Ringkasan
Cerita ini bermula, di saat Fahrizal menyadari kalau ada benda yang sangat berbeda dari teman laki-lakinya. Akhirnya dia memutuskan untuk berkonsultasi dengan kakak kandungnya, namun kakak kandungnya memberikan perspektif kalau itu adalah sebuah penyakit, hal itu membuat Fahrizal menjadi sangat khawatir. Cerita ini 18+, usahakan membacanya dengan penuh ketelitian, karena author masih penulis pemula. mohon dukungannya dengan memberikan komentar yang bisa menjadi motivasi. Salam Bugis Bone.
prolog
Aku terlahir dari keluarga yang sedang - sedang saja, atau sederhana. Ibuku bernama Indo Calleda, ayah bernama Ambo Sotta. Ibuku berdagang ikan di pasar, dan itu hasil tangkapan dari ayahku. Yah, ayahku kesehariannya jadi nelayan.
Namaku sendiri Fahrizal, biasa di panggil Rizal, atau Ical.
Aku memiliki saudari wanita bernama Lisa, beda tiga tahun denganku.
Hari ini tepat hari pelulusanku, dimana seharusnya aku merasa bahagia karena aku masuk di tiga besar lulusan terbaik. Tapi rasa bahagiaku tercoreng ketika mengetahui mulai malam ini aku akan mulai belajar untuk tidur sendiri di kamar baruku.
Akupun mencoba menata ulang kamarku yang sebenarnya sudah tertata rapi, tapi aku orangnya paling tidak suka melihat sesuatu yang belum sempurna. Aku meletakkan buku - buku yang sudah di susun di atas mejaku, lalu aku pindahkan di dalam lemari kayu.

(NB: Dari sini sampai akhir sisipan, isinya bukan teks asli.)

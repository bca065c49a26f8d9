-- ===== src/Rewards/History.antt =====
-- The crates of one owner, in the order of their ids: nexus_server/rewards.go opens them in this
-- order, so that `ORDER BY opened_at, id` is this order too.
use phazechat_world.Prelude.{
  ℕ, ◌+◌, ◌≤◌, ◌≡◌, refl, sym, ap, subst, ◌∙◌, ◌≢◌, ◌⊎◌, inl, inr, true, false, not, some, List, [],
  ◌∷◌, ◌++◌, map, arith, eq_iff, String, keep, All, ◌==◌, first_row, change_first,
}
use phazechat_world.Rewards.{pity_step, pity_loop, pity_counters}
use phazechat_world.Rewards.Crates.{
  Crate, is_unopened, insert_opened, sort_opened, item_of, rolled_items, can_open, is_opened,
  gained, Db,
}

unfoldable pub mine : String → List Crate → List Crate
mine owner crates = keep (λ c. c.owner == owner) crates

-- The opened ones of a list.
unfoldable pub drops : List Crate → List Crate
drops cs = keep (λ c. not (is_unopened c)) cs

abbrev pub Waiting : Crate → Type 0
Waiting c = (is_unopened c ≡ true) × (c.shards ≡ 0)

-- Opened crates, their times between two bounds and in order, and then crates that wait.
abbrev pub Played : ℕ → ℕ → List Crate → Type 0
Played lo now [] = lo ≤ now
Played lo now (c ∷ cs) =
    (lo ≤ now)
    × (((is_unopened c ≡ false) × (lo ≤ c.opened_at) × Played c.opened_at now cs)
        ⊎ (Waiting c × All Waiting cs))

pub Waiting-drops : (cs : List Crate) → All Waiting cs → drops cs ≡ []
unfolding drops
Waiting-drops [] h = refl
Waiting-drops (c ∷ cs) ((w, s), hs) = ground (arith, w, Waiting-drops cs hs)

Waiting-Played : (lo now : ℕ) (cs : List Crate) → lo ≤ now → All Waiting cs → Played lo now cs
Waiting-Played lo now [] h w = h
Waiting-Played lo now (c ∷ cs) h (w, ws) = (h, inr (w, ws))

pub Played-later :
    (lo now later : ℕ) (cs : List Crate) → now ≤ later → Played lo now cs → Played lo later cs
Played-later lo now later [] h t = omega (arith, h, t)
Played-later lo now later (c ∷ cs) h (b, inl (o, l, t)) =
    (omega (arith, h, b), inl (o, l, Played-later c.opened_at now later cs h t))
Played-later lo now later (c ∷ cs) h (b, inr w) = (omega (arith, h, b), inr w)

All-snoc : (cs : List Crate) (c : Crate) → All Waiting cs → Waiting c → All Waiting (cs ++ c ∷ [])
All-snoc [] c h w = (w, tt)
All-snoc (d ∷ cs) c (h, hs) w = (h, All-snoc cs c hs w)

-- A new crate waits behind the others.
pub Played-append :
    (lo now : ℕ) (cs : List Crate) (c : Crate)
    → Waiting c
    → Played lo now cs
    → Played lo now (cs ++ c ∷ [])
Played-append lo now [] c w t = (t, inr (w, tt))
Played-append lo now (d ∷ cs) c w (b, inl (o, l, t)) =
    (b, inl (o, l, Played-append d.opened_at now cs c w t))
Played-append lo now (d ∷ cs) c w (b, inr (v, vs)) = (b, inr (v, All-snoc cs c vs w))

insert_opened-least :
    (c : Crate) (lo now : ℕ) (cs : List Crate)
    → c.opened_at ≤ lo
    → Played lo now cs
    → insert_opened c (drops cs) ≡ c ∷ drops cs
unfolding insert_opened drops
insert_opened-least c lo now [] h t = refl
insert_opened-least c lo now (d ∷ cs) h (b, inl (o, l, t)) = ground (arith, o, l, h)
insert_opened-least c lo now (d ∷ cs) h (b, inr ((w, s), ws)) =
    ground (arith, w, Waiting-drops cs ws)

pub sort_opened-drops :
    (lo now : ℕ) (cs : List Crate) → Played lo now cs → sort_opened (drops cs) ≡ drops cs
unfolding sort_opened drops
sort_opened-drops lo now [] t = refl
sort_opened-drops lo now (c ∷ cs) (b, inl (o, l, t)) = ground (
  arith,
  o,
  sort_opened-drops c.opened_at now cs t,
  insert_opened-least c c.opened_at now cs (omega arith) t,
)
sort_opened-drops lo now (c ∷ cs) (b, inr ((w, s), ws)) = ground (arith, w, Waiting-drops cs ws)

-- Opening the first crate that waits, at a time that is not before the others.
module _ (f : Crate → Crate) (now : ℕ) (unopened : (c : Crate) → is_unopened (f c) ≡ false)
    (stamped : (c : Crate) → (f c).opened_at ≡ now) where
  pub Played-open :
      (lo old : ℕ) (cs : List Crate)
      → old ≤ now
      → Played lo old cs
      → Played lo now (change_first is_unopened f cs)
  unfolding change_first
  Played-open lo old [] h t = omega (arith, h, t)
  Played-open lo old (c ∷ cs) h (b, inl (o, l, t)) =
      rw o (omega (arith, h, b), inl (o, l, Played-open c.opened_at old cs h t))
  Played-open lo old (c ∷ cs) h (b, inr ((w, s), ws)) = rw w (
    omega (arith, h, b),
    inl (
      unopened c,
      omega (arith, stamped c, b, h),
      subst (λ k. Played k now cs) (sym (stamped c)) (Waiting-Played now now cs (omega arith) ws),
    ),
  )

  pub drops-open :
      (lo old : ℕ) (cs : List Crate) (x : Crate)
      → Played lo old cs
      → first_row is_unopened cs ≡ some x
      → drops (change_first is_unopened f cs) ≡ drops cs ++ f x ∷ []
  unfolding change_first first_row drops
  drops-open lo old [] x t e = ground (arith, e)
  drops-open lo old (c ∷ cs) x (b, inl (o, l, t)) e =
      ground (arith, e, o, drops-open c.opened_at old cs x t)
  drops-open lo old (c ∷ cs) x (b, inr ((w, s), ws)) e =
      ground (arith, w, e, unopened c, Waiting-drops cs ws)

-- A crate more after the others is one more round of the loop.
pub pity_counters-append :
    (ids : List String) (id : String)
    → pity_counters (ids ++ id ∷ []) ≡ pity_step (pity_counters ids) id
unfolding pity_counters
pity_counters-append ids id = pity_loop-append (0, 0) ids id
  where
    pity_loop-append :
        (k : ℕ × ℕ) (xs : List String) (x : String)
        → pity_loop k (xs ++ x ∷ []) ≡ pity_step (pity_loop k xs) x
    pity_loop-append k [] x = refl
    pity_loop-append k (y ∷ xs) x = pity_loop-append (pity_step k y) xs x

-- All shards of a list.
unfoldable pub total_shards : List Crate → ℕ
total_shards [] = 0
total_shards (c ∷ cs) = c.shards + total_shards cs

pub total_shards-append :
    (cs : List Crate) (c : Crate) → total_shards (cs ++ c ∷ []) ≡ total_shards cs + c.shards
unfolding total_shards
total_shards-append [] c = omega arith
total_shards-append (d ∷ cs) c = omega (arith, total_shards-append cs c)

pub gained-mine :
    (owner : String) (cs : List Crate) → gained owner cs ≡ total_shards (mine owner cs)
unfolding gained mine total_shards
gained-mine owner [] = refl
gained-mine owner (c ∷ cs) = ground (arith, gained-mine owner cs)

-- Opening a crate takes no shards away.
pub total_shards-open :
    (f : Crate → Crate) (lo now : ℕ) (cs : List Crate)
    → Played lo now cs
    → total_shards cs ≤ total_shards (change_first is_unopened f cs)
unfolding total_shards change_first
total_shards-open f lo now [] t = omega arith
total_shards-open f lo now (c ∷ cs) (b, inl (o, l, t)) =
    ground (arith, o, total_shards-open f c.opened_at now cs t)
total_shards-open f lo now (c ∷ cs) (b, inr ((w, s), ws)) = ground (arith, w, s)

-- The rows of a table that `openCrate` reads and writes, in terms of their owner's.
pub first_row-mine :
    (owner : String) (cs : List Crate)
    → first_row (can_open owner) cs ≡ first_row is_unopened (mine owner cs)
unfolding first_row can_open mine
first_row-mine owner [] = refl
first_row-mine owner (c ∷ cs) = ground (arith, first_row-mine owner cs)

pub change_first-mine :
    (owner : String) (f : Crate → Crate) (cs : List Crate)
    → ((c : Crate) → (f c).owner ≡ c.owner)
    → mine owner (change_first (can_open owner) f cs) ≡ change_first is_unopened f (mine owner cs)
unfolding change_first can_open mine
change_first-mine owner f [] k = refl
change_first-mine owner f (c ∷ cs) k =
    ground
      (arith, k c, change_first-mine owner f cs k, eq_iff c.owner owner, eq_iff (f c).owner owner)

pub change_first-others :
    (owner other : String) (f : Crate → Crate) (cs : List Crate)
    → owner ≢ other
    → ((c : Crate) → (f c).owner ≡ c.owner)
    → mine other (change_first (can_open owner) f cs) ≡ mine other cs
unfolding change_first can_open mine
change_first-others owner other f [] d k = refl
change_first-others owner other f (c ∷ cs) d k = ground (
  arith,
  d,
  k c,
  change_first-others owner other f cs d k,
  eq_iff c.owner owner,
  eq_iff c.owner other,
  eq_iff (f c).owner other,
)

opened-mine : (owner : String) (cs : List Crate) → keep (is_opened owner) cs ≡ drops (mine owner cs)
unfolding drops mine is_opened
opened-mine owner [] = refl
opened-mine owner (c ∷ cs) = ground (arith, opened-mine owner cs)

pub rolled_items-drops :
    (owner : String) (db : Db) (lo now : ℕ)
    → Played lo now (mine owner db.crates)
    → rolled_items owner db ≡ map item_of (drops (mine owner db.crates))
unfolding rolled_items
rolled_items-drops owner db lo now t =
    ap (λ cs. map item_of (sort_opened cs)) (opened-mine owner db.crates)
    ∙ ap (map item_of) (sort_opened-drops lo now (mine owner db.crates) t)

"Sudah beres, waktunya untuk tidur !"
Meskipun aku sudah menerima keadaan ini, tetap saja aku merasakan hal baru yang selalunya tidak membuatku nyaman.
Di saat aku berusaha untuk memejamkan mataku, aku kembali teringat pelajaran yang pernah aku baca, bahwa setiap tempat baru pasti memiliki penunggu.
Aku tidak tau apakah ini penyakit atau apalah, tapi aku orangnya sering ketakutan, selalu merasa khawatir, resah dan pikiranku selalu negatif.
Jadi aku kembali terbangun, aku memeriksa di luar kamar sejenak tidak ada siapa - siapa mungkin yang lainnya sedang istirahat siang. Aku kembali mengunci pintu dari dalam, lalu aku melanjutkan rasa khawatirku dengan memeriksa setiap sudut, dalam lemari, bawah kolom meja, dan di bawah ranjangku.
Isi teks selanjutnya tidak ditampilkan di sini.